Background on train delays
Train delays have been increasing in the past few years in terms of the numbers of delays and the amount of delay.
A train could be delayed due to many factors - once the primary (first) delay happens to the first train, that train can have knock-on effects on other trains, causing them to be delayed. These subsequent delays are called reactionary delays.
Over time, the amount of primary delays have remained relatively stable, but reactionary delays have risen considerably. This has resulted in a continuous deterioration of network performance, which is measured by the Public Performance Measure (PPM) statistic.
Although it would be ideal to reduce or prevent the primary delays as much as possible in the first place, the various causes are out of the rail industry's control (e.g. bad weather or random incidents such as trespassers). It is therefore difficult to reduce or prevent primary delays which may explain why primary delays have stayed stable. Consequently, it is more feasible to reduce or prevent reactionary delays. However, current systems are unfortunately unable to predict and manage reactionary delays accurately and effectively.
Given that the rail industry has been collecting large amounts of various data related to train operations, a logical approach is to apply modern artificial intelligence and machine learning techniques to explore exploiting this data to discover knowledge useful for improving network performance.
However, there are two basic challenges. The first is that rail related datasets are complex, diverse and stored in silos, making it a challenge to collate and integrate all the relevant data into a meaningful representation for further analysis. The second challenge is how to efficiently extract useful knowledge from this data and then use it to effectively assist Train Operation Companies (TOC) in making evidence-based decisions for improving their services.
In our study, we take on these challenges and aim to develop an intelligence ensemble system for predicting reactionary delays and then make suggestions for reducing and/or preventing further delays.
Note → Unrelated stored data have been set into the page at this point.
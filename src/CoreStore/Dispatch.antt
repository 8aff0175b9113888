-- ===== src/CoreStore/Dispatch.antt =====
-- ListRunningRuns, ClaimQueuedRun, PrepareRunStart and MarkRunRunning of internal/corestore/runs.go.
pub mod Order
pub mod Claim
use harness_security_gateway.Prelude.{
  ℕ, ◌+◌, Bool, true, not, ◌&&◌, ◌||◌, Option, none, some, List, [], ◌∷◌, ltb, leb, ◌==◌,
  if◌then◌else◌,
}
use harness_security_gateway.Prelude.Bytes.{Bytes, beq, opt_beq, coalesce, bytes_lt}
use harness_security_gateway.Prelude.Results.{Result, ok, err, ◌>>◌, guard}
use harness_security_gateway.Prelude.Tables.{
  select_where, count_where, exists_where, update_where, order_by, take,
}
use harness_security_gateway.CoreStore.Types.{
  Error, invalid, conflict, not_found, dispatch_lost, start_unprepared, invalid_transition, storage,
  Run, queued, dispatching, running, PrepareRunStartInput, PreparedRunStart, Session, Db, is_queued,
  is_dispatching, is_running, is_active, max_id_bytes, max_reconcile_runs,
}
use harness_security_gateway.CoreStore.Validate.{
  Checked, now_millis, validate_identifier, validate_prepare_run_start,
}
use harness_security_gateway.CoreStore.Options.{validate_lease, lease_expiry}
use harness_security_gateway.CoreStore.Tables.{
  Tx, attempt, sql_expired, lapsed, has_id, find_run, or_error, scope_of, find_session,
}

-- ORDER BY created_at_ms, id
unfoldable pub queue_before : Run → Run → Bool
queue_before a b =
    ltb a.created_at b.created_at || (a.created_at == b.created_at && bytes_lt a.id b.id)

-- ListRunningRuns
unfoldable pub list_running_runs : ℕ → Db → Result Error (List Run)
unfolding queue_before
list_running_runs limit db = do
  guard (leb 1 limit && leb limit max_reconcile_runs) invalid
  ok (take limit (order_by queue_before (select_where (λ r. is_running r.state) db.runs)))

abbrev pub expired_dispatch : ℕ → Run → Bool
expired_dispatch now r = is_dispatching r.state && sql_expired now r.dispatch_expires_at

abbrev pub requeue : ℕ → Run → Run
requeue now r = record r {
  state = queued;
  dispatch_token = none;
  dispatch_expires_at = none;
  updated_at = now;
}

unfoldable pub release_expired : ℕ → List Run → List Run
release_expired now runs = update_where (expired_dispatch now) (requeue now) runs

abbrev pub first_of_list : List Run → Option Run
first_of_list [] = none
first_of_list (r ∷ _) = some r

-- SELECT ... WHERE state = 'queued' ORDER BY created_at_ms, id LIMIT 1
unfoldable pub next_queued : List Run → Option Run
unfolding queue_before
next_queued runs =
    first_of_list (order_by queue_before (select_where (λ r. is_queued r.state) runs))

abbrev pub claimable : Bytes → Run → Bool
claimable id r = has_id id r && is_queued r.state

abbrev pub dispatch : Bytes → ℕ → ℕ → Run → Run
dispatch token expires now r = record r {
  state = dispatching;
  dispatch_token = some token;
  dispatch_expires_at = some expires;
  dispatch_attempt_count = r.dispatch_attempt_count + 1;
  updated_at = now;
}

-- The index runs_dispatch_token.
abbrev pub has_dispatch_token : Bytes → Run → Bool
has_dispatch_token token r = opt_beq r.dispatch_token token

unfoldable pub claim_next : ℕ → ℕ → Result Error Bytes → Db → Db → Option Run → Tx (Option Run)
claim_next lease now new_token db released none = (ok none, released)
claim_next lease now new_token db released (some run) = attempt new_token db λ token.
    attempt (validate_identifier token max_id_bytes) db λ _.
      attempt (lease_expiry now lease) db λ expires.
        attempt (guard (not (exists_where (has_dispatch_token token) released.runs)) storage) db
          λ _. attempt (guard (count_where (claimable run.id) released.runs == 1) storage) db λ _. (
            ok (some (dispatch token expires now run)),
            record released {
              runs = update_where (claimable run.id) (dispatch token expires now) released.runs;
            },
          )

-- ClaimQueuedRun; `new_token` is what the token source returns if it is called.
unfoldable pub claim_queued_run : ℕ → ℕ → Result Error Bytes → Db → Tx (Option Run)
unfolding claim_next
claim_queued_run lease clock new_token db =
    attempt (validate_lease lease >> now_millis clock) db λ now.
      let released = record db { runs = release_expired now db.runs } in
      if exists_where (λ r. is_active r.state) released.runs
      then (ok none, released)
      else claim_next lease now new_token db released (next_queued released.runs)

abbrev pub prepared_start_from_run : Run → PreparedRunStart
prepared_start_from_run run = record {
  session_ref = run.start_session_ref;
  deadline = run.start_deadline;
}

-- A fresh start requires no current session, and a resumed one exactly the current reference.
abbrev pub check_start_session : Option Bytes → Option Session → Checked
check_start_session none none = ok tt
check_start_session none (some current) = err conflict
check_start_session (some ref) none = err conflict
check_start_session (some ref) (some current) = guard (beq current.ref ref) conflict

abbrev pub preparable : Bytes → Bytes → Run → Bool
preparable id token r =
    has_id id r && is_dispatching r.state && opt_beq r.dispatch_token token && not r.start_prepared

abbrev pub prepare : Option Bytes → Option ℕ → ℕ → Run → Run
prepare session_ref deadline now r = record r {
  start_prepared = true;
  start_session_ref = session_ref;
  start_deadline = deadline;
  updated_at = now;
}

abbrev pub holds_dispatch : ℕ → Bytes → Run → Bool
holds_dispatch now token run =
    is_dispatching run.state
    && beq (coalesce run.dispatch_token) token
    && not (lapsed now run.dispatch_expires_at)

-- PrepareRunStart
unfoldable pub prepare_run_start : ℕ → PrepareRunStartInput → Db → Tx PreparedRunStart
prepare_run_start clock input db = attempt (now_millis clock) db λ now.
    attempt (validate_prepare_run_start input now) db λ _.
      attempt (or_error not_found (find_run input.run_id db.runs)) db λ run.
        attempt (guard (holds_dispatch now input.dispatch_token run) dispatch_lost) db λ _.
          if run.start_prepared
          then (ok (prepared_start_from_run run), db)
          else attempt
              (check_start_session input.session_ref (find_session (scope_of run) db.sessions)) db
              λ _.
                attempt
                  (guard (count_where (preparable run.id input.dispatch_token) db.runs == 1)
                    storage)
                  db
                  λ _. (
                    ok (record { session_ref = input.session_ref; deadline = input.deadline }),
                    record db {
                      runs =
                          update_where (preparable run.id input.dispatch_token)
                            (prepare input.session_ref input.deadline now) db.runs;
                    },
                  )

abbrev pub run_now : ℕ → Run → Run
run_now now r = record r { state = running; dispatch_expires_at = none; updated_at = now }

-- MarkRunRunning
unfoldable pub mark_run_running : ℕ → Bytes → Bytes → Db → Tx (Unit {0})
mark_run_running clock run_id token db =
    attempt
      (validate_identifier run_id max_id_bytes
        >> (validate_identifier token max_id_bytes >> now_millis clock))
      db
      λ now. attempt (or_error not_found (find_run run_id db.runs)) db λ run.
        attempt (guard (beq (coalesce run.dispatch_token) token) dispatch_lost) db λ _.
          if is_running run.state
          then (ok tt, db)
          else attempt (guard (is_dispatching run.state) invalid_transition) db λ _.
            attempt (guard (not (lapsed now run.dispatch_expires_at)) dispatch_lost) db λ _.
              attempt (guard run.start_prepared start_unprepared) db λ _.
                (ok tt, record db { runs = update_where (has_id run_id) (run_now now) db.runs })
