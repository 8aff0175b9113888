-- ===== src/CoreStore/Invariant.antt =====
-- What the schema of internal/corestore/migrations and the operations keep true of the database:
-- the CHECK constraints that relate columns of a row, the primary keys, unique indexes and foreign keys,
-- and the two limits on execution. The CHECK constraints of a single column are left out.
pub mod Runs
pub mod Changes
pub mod Outbox
pub mod References
pub mod Keys
pub mod Operations
pub mod Preserved
pub mod PreservedRuns
pub mod PreservedOutbox
use harness_security_gateway.Prelude.{
  ℕ, ◌≤◌, ◌<◌, ◌≡◌, Bool, true, false, not, ◌&&◌, ◌||◌, Option, none, some, List,
}
use harness_security_gateway.Prelude.Bytes.{Bytes, beq, opt_beq}
use harness_security_gateway.Prelude.Tables.{count_where, exists_where, All}
use harness_security_gateway.CoreStore.Types.{
  Run, RunState, completed, failed, interrupted, Receipt, Delivery, DeliveryState, pending, leased,
  delivered, permanent_failed, Session, SessionKey, Horizon, Db, is_queued, is_dispatching,
  is_running, is_terminal, is_active,
}
use harness_security_gateway.CoreStore.Validate.{
  is_set, failed_code, is_interruption, max_deadline, retryable, permanent,
}
use harness_security_gateway.CoreStore.Tables.{has_id, holds_scope, key_beq}
use harness_security_gateway.CoreStore.Ingest.{is_receipt}
use harness_security_gateway.CoreStore.Dispatch.{has_dispatch_token}
use harness_security_gateway.CoreStore.Outbox.{has_delivery_id, delivers, has_lease_token}

abbrev pub is_completed : RunState → Bool
is_completed completed = true
is_completed _ = false

abbrev pub is_failed : RunState → Bool
is_failed failed = true
is_failed _ = false

abbrev pub is_interrupted : RunState → Bool
is_interrupted interrupted = true
is_interrupted _ = false

abbrev pub DeadlineInRange : Option ℕ → Type 0
DeadlineInRange none = Unit
DeadlineInRange (some d) = (0 < d) × (d ≤ max_deadline)

-- The CHECK constraints of the table runs that relate its columns.
pub record IsValidRun (r : Run) : Type 0 where
  pub output : is_set r.output_text ≡ is_completed r.state
  pub failure : is_set r.failure_code ≡ (is_failed r.state || is_interrupted r.state)
  pub failed_needs_code : is_failed r.state ≡ true → failed_code r.failure_code ≡ true
  pub interrupted_needs_code : is_interrupted r.state ≡ true → is_interruption r.failure_code ≡ true
  pub session_of_completed : is_set r.result_session_ref ≡ true → is_completed r.state ≡ true
  pub prepared_deadline : is_set r.start_deadline ≡ r.start_prepared
  pub prepared_session : is_set r.start_session_ref ≡ true → r.start_prepared ≡ true
  pub deadline_range : DeadlineInRange r.start_deadline
  pub started_prepared :
      (is_running r.state || is_terminal r.state) ≡ true → r.start_prepared ≡ true
  pub token_unless_queued : is_set r.dispatch_token ≡ not (is_queued r.state)
  pub expiry_when_dispatching : is_set r.dispatch_expires_at ≡ is_dispatching r.state

-- The rows, unique indexes and execution limits of the table runs.
pub record IsRunTable (runs : List Run) : Type 0 where
  pub rows : All IsValidRun runs
  pub ids : (id : Bytes) → count_where (has_id id) runs ≤ 1
  pub tokens : (token : Bytes) → count_where (has_dispatch_token token) runs ≤ 1
  pub one_active : count_where (λ r. is_active r.state) runs ≤ 1
  pub one_per_scope : (key : SessionKey) → count_where (holds_scope key) runs ≤ 1

abbrev pub lease_check : DeliveryState → Bool → Bool → Bool → Bool → Bool
lease_check pending token expires provider failure = not (expires || provider)
lease_check leased token expires provider failure = token && expires && not provider
lease_check delivered token expires provider failure =
    token && not expires && provider && not failure
lease_check permanent_failed token expires provider failure =
    token && not expires && not provider && failure

abbrev pub is_permanent : DeliveryState → Bool
is_permanent permanent_failed = true
is_permanent _ = false

-- The CHECK constraints of the table text_deliveries that relate its columns.
pub record IsValidDelivery (d : Delivery) : Type 0 where
  pub columns :
      lease_check d.state
        (is_set d.lease_token)
        (is_set d.lease_expires_at)
        (is_set d.provider_message_ref)
        (is_set d.failure_code)
      ≡ true
  pub open_code :
      is_permanent d.state ≡ false → is_set d.failure_code ≡ true → retryable d.failure_code ≡ true
  pub permanent_code : is_permanent d.state ≡ true → permanent d.failure_code ≡ true

-- The rows and unique indexes of the table text_deliveries.
pub record IsDeliveryTable (deliveries : List Delivery) : Type 0 where
  pub rows : All IsValidDelivery deliveries
  pub ids : (id : Bytes) → count_where (has_delivery_id id) deliveries ≤ 1
  pub one_reply : (run_id : Bytes) → count_where (delivers run_id) deliveries ≤ 1
  pub tokens : (token : Bytes) → count_where (has_lease_token token) deliveries ≤ 1

abbrev pub records_run : Bytes → Receipt → Bool
records_run id i = beq i.run_id id

-- The unique indexes of the table inbound_events.
pub record IsReceiptTable (receipts : List Receipt) : Type 0 where
  pub keys : (connector event : Bytes) → count_where (is_receipt connector event) receipts ≤ 1
  pub run_ids : (id : Bytes) → count_where (records_run id) receipts ≤ 1

abbrev pub Refers : List Run → Bytes → Type 0
Refers runs id = exists_where (has_id id) runs ≡ true

-- The foreign keys.
pub record HasReferences (db : Db) : Type 0 where
  pub of_receipts : All (λ i. Refers db.runs i.run_id) db.receipts
  pub of_deliveries : All (λ d. Refers db.runs d.run_id) db.deliveries

-- The primary keys of the tables sessions and inbound_event_horizons.
pub record HasKeys (sessions : List Session) (horizons : List Horizon) : Type 0 where
  pub of_sessions : (key : SessionKey) → count_where (λ s. key_beq s.key key) sessions ≤ 1
  pub of_horizons :
      (connector : Bytes) → count_where (λ h. beq h.connector_id connector) horizons ≤ 1

pub record IsWellFormed (db : Db) : Type 0 where
  pub runs_ok : IsRunTable db.runs
  pub deliveries_ok : IsDeliveryTable db.deliveries
  pub receipts_ok : IsReceiptTable db.receipts
  pub references : HasReferences db
  pub keys_ok : HasKeys db.sessions db.horizons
Therefore this feasibility study proposes to investigate how to use artificial intelligence and machine learning technologies to address the aforementioned challenge with the ultimate aim of developing an intelligent system for predicting and preventing reactionary delays. The following sections detail the scope of this study, a preliminary design of an Artificial Intelligence enhanced decision support system (AIEDSS) for network operators, and the associated tasks and deliverables.
Aim and Objectives of the Study
The aim of this research is to study the feasibility of developing an intelligence ensemble system for predicting and preventing reactionary delays, with the following primary objectives.
- To analyse existing datasets relevant to train operations to discover patterns of train delays and to quantify the salience of the relevant factors.
- To apply machine learning ensemble approaches to the existing data to automatically generate machine learned intelligence models.
- To build a prototype of an intelligence ensemble system and to evaluate its feasibility using one or two models of lines of train services as the basis for use cases.
The Intelligence Ensemble System
The proposed intelligence ensemble system, as shown in the figure below, consists of four key functional modules: data pre-processing and integration (and database), Delay Explorer, Delay Predictor, and Delay Preventer.
The project has gone very well so far. A large amount of railway related data (from 13 different sources) has been collected, cleaned and processed - this includes real time running data, historical performance data, data about incidents where trains were delayed, and weather data for the past two years. After evaluating the necessary requirements and the feasibility of the system, the basic components of the intelligence ensemble system are currently being prototyped.